A ruby solution can be found here
From the readme:
Phashion is a Ruby wrapper around the pHash library, "perceptual hash", which detects duplicate and near duplicate multimedia files
How to measure similarity between two images entirely depends on what you would like to measure, for example: contrast, brightness, modality, noise... and then choose the best suitable similarity measure there is for you. You can choose from MAD (mean absolute difference), MSD (mean squared difference) which are good for measuring brightness...there is also available CR (correlation coefficient) which is good in representing correlation between two images. You could also choose from histogram based similarity measures like SDH (standard deviation of difference image histogram) or multimodality similarity measures like MI (mutual information) or NMI (normalized mutual information).
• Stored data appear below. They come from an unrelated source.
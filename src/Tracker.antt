-- ===== src/Tracker.antt =====
-- tracker/tracker.c
pub mod Slots
pub mod Merge
pub mod Peers
pub mod State
pub mod Session
pub mod Server
pub mod Stop
pub mod History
Because this similarity measures cost much in time, it is advised to scale images down before applying these measures on them.
I wonder (and I'm really just throwing the idea out there to be shot down) if something could be derived by subtracting one image from the other, and then compressing the resulting image as a jpeg of gif, and taking the file size as a measure of similarity.
If you had two identical images, you'd get a white box, which would compress really well. The more the images differed, the more complex it would be to represent, and hence the less compressible.
Probably not an ideal test, and probably much slower than necessary, but it might work as a quick and dirty implementation.
You might look at the code for the open source tool findimagedupes, though it appears to have been written in perl, so I can't say how easy it will be to parse...
Reading the findimagedupes page that I liked, I see that there is a C++ implementation of the same algorithm. Presumably this will be easier to understand.
And it appears you can also use gqview.
Well, not to answer your question directly, but I have seen this happen. Microsoft recently launched a tool called PhotoSynth which does something very similar to determine overlapping areas in a large number of pictures (which could be of different aspect ratios).
I wonder if they have any available libraries or code snippets on their blog.
to expand on Vaibhav's note, hugin is an open-source 'autostitcher' which should have some insight on the problem.
There's software for content-based image retrieval, which does (partially) what you need. All references and explanations are linked from the project site and there's also a short text book (Kindle): LIRE
You can use Siamese Network to see if the two images are similar or dissimilar following this tutorial. This tutorial cluster the similar images whereas you can use L2 distance to measure the similarity of two images.
Beyond Compare has pixel-by-pixel comparison for images, e.g.,
If this is something you will be doing on an occasional basis and doesn't need automating, you can do it in an image editor that supports layers, such as Photoshop or Paint Shop Pro (probably GIMP or Paint.Net too, but I'm not sure about those). Open both screen shots, and put one as a layer on top of the other. Change the layer blending mode to Difference, and everything that's the same between the two will become black. You can move the top layer around to minimize any alignment differences.
Well a really base-level method to use could go through every pixel colour and compare it with the corresponding pixel colour on the second image - but that's a probably a very very slow solution.